Begin at the line containing "-- The dict" in the data below and go on through the line containing "let others = tally_one", repeating each line exactly; include both ends and no other line.

Segment Start: Provided records

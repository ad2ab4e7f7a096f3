-- ===== src/Data/Duplicates.antt =====
-- src/threevn_data/threevn_data/dataset.py, `duplicate_report`: how many of the images differ. The
-- name of an image's path is an argument, and so is the digest of its file, or what its reading
-- raises.
pub mod Groups
mod Samples
use vn_robotics.Prelude.{
  ℕ, zero, suc, max, ◌≡◌, Bool, true, false, not, Option, none, some, List, [], ◌∷◌, map, keep,
  length, String, ◌==◌, string_eq, number_eq, contains, lookup, put, if◌then◌else◌, ltb,
}
use vn_robotics.Py.Errors.{Result, ok, raise, key_error, or_raise, ◌>>=◌}
use vn_robotics.Data.Dataset.{Frame}

-- The dict that `duplicate_report` returns.
pub record DuplicateReport : Type 0 where
  pub files : ℕ
  pub unique : ℕ
  pub duplicate_groups : ℕ
  pub largest_group : ℕ
  pub unique_per_episode : List (ℕ × ℕ)

-- collections.Counter, one item more
unfoldable pub tally_one : String → List (String × ℕ) → List (String × ℕ)
tally_one d [] = (d, 1) ∷ []
tally_one d ((k, n) ∷ rest) =
    let others = tally_one d rest in if k == d then (k, suc n) ∷ rest else (k, n) ∷ others

unfoldable pub count_digests : List String → List (String × ℕ) → List (String × ℕ)
unfolding tally_one
count_digests [] counts = counts
count_digests (d ∷ ds) counts = count_digests ds (tally_one d counts)

abbrev pub second : {A : Type 0} → String × A → A
second (k, a) = a

-- n > 1
abbrev pub is_repeated : String × ℕ → Bool
is_repeated (digest, n) = ltb 1 n

-- max(counts.values()) if counts else 0
abbrev pub largest_count : List (String × ℕ) → ℕ
largest_count [] = 0
largest_count ((digest, n) ∷ rest) = max n (largest_count rest)

-- A set, one item more.
abbrev pub add_text : String → List String → List String
add_text d ds = if contains d ds then ds else d ∷ ds

-- per_episode[episode].add(digest), in a dict that is read in the order of its keys
unfoldable pub add_to_episode : ℕ → String → List (ℕ × List String) → List (ℕ × List String)
add_to_episode e d [] = (e, d ∷ []) ∷ []
add_to_episode e d ((i, ds) ∷ rest) =
    let others = add_to_episode e d rest in
    if e == i
    then (i, add_text d ds) ∷ rest
    else if ltb e i
    then (e, d ∷ []) ∷ (i, ds) ∷ rest
    else (i, ds) ∷ others

abbrev pub sizes : List (ℕ × List String) → List (ℕ × ℕ)
sizes [] = []
sizes ((e, ds) ∷ rest) = (e, length ds) ∷ sizes rest

abbrev pub report_of : List (String × String) → List (ℕ × List String) → DuplicateReport
report_of digests grouped =
    let counts = count_digests (map second digests) [] in
    record {
      files = length digests;
      unique = length counts;
      duplicate_groups = length (keep is_repeated counts);
      largest_group = largest_count counts;
      unique_per_episode = sizes grouped;
    }

module _ {F : Type 0} (name : String → String) (digest : String → Result String) where
  unfoldable pub digests_of :
      List (Frame F) → List (String × String) → Result (List (String × String))
  unfolding put
  digests_of [] digests = ok digests
  digests_of (f ∷ fs) digests = digest f.image >>= λ d. digests_of fs (put (name f.image) d digests)

  unfoldable pub group_by_episode :
      List (String × String)
      → List (Frame F)
      → List (ℕ × List String)
      → Result (List (ℕ × List String))
  unfolding lookup add_to_episode
  group_by_episode digests [] grouped = ok grouped
  group_by_episode digests (f ∷ fs) grouped =
      or_raise (key_error (name f.image)) (lookup (name f.image) digests) >>= λ d.
      group_by_episode digests fs (add_to_episode f.episode d grouped)

  unfoldable pub duplicate_report : List (Frame F) → Result DuplicateReport
  unfolding digests_of group_by_episode count_digests
  duplicate_report frames = digests_of frames [] >>= λ digests.
      group_by_episode digests frames [] >>= λ grouped. ok (report_of digests grouped)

Segment End: Provided records

§ Your response
-- The dict that `duplicate_report` returns.
pub record DuplicateReport : Type 0 where
  pub files : ℕ
  pub unique : ℕ
  pub duplicate_groups : ℕ
  pub largest_group : ℕ
  pub unique_per_episode : List (ℕ × ℕ)

-- collections.Counter, one item more
unfoldable pub tally_one : String → List (String × ℕ) → List (String × ℕ)
tally_one d [] = (d, 1) ∷ []
tally_one d ((k, n) ∷ rest) =
    let others = tally_one d rest in if k == d then (k, suc n) ∷ rest else (k, n) ∷ others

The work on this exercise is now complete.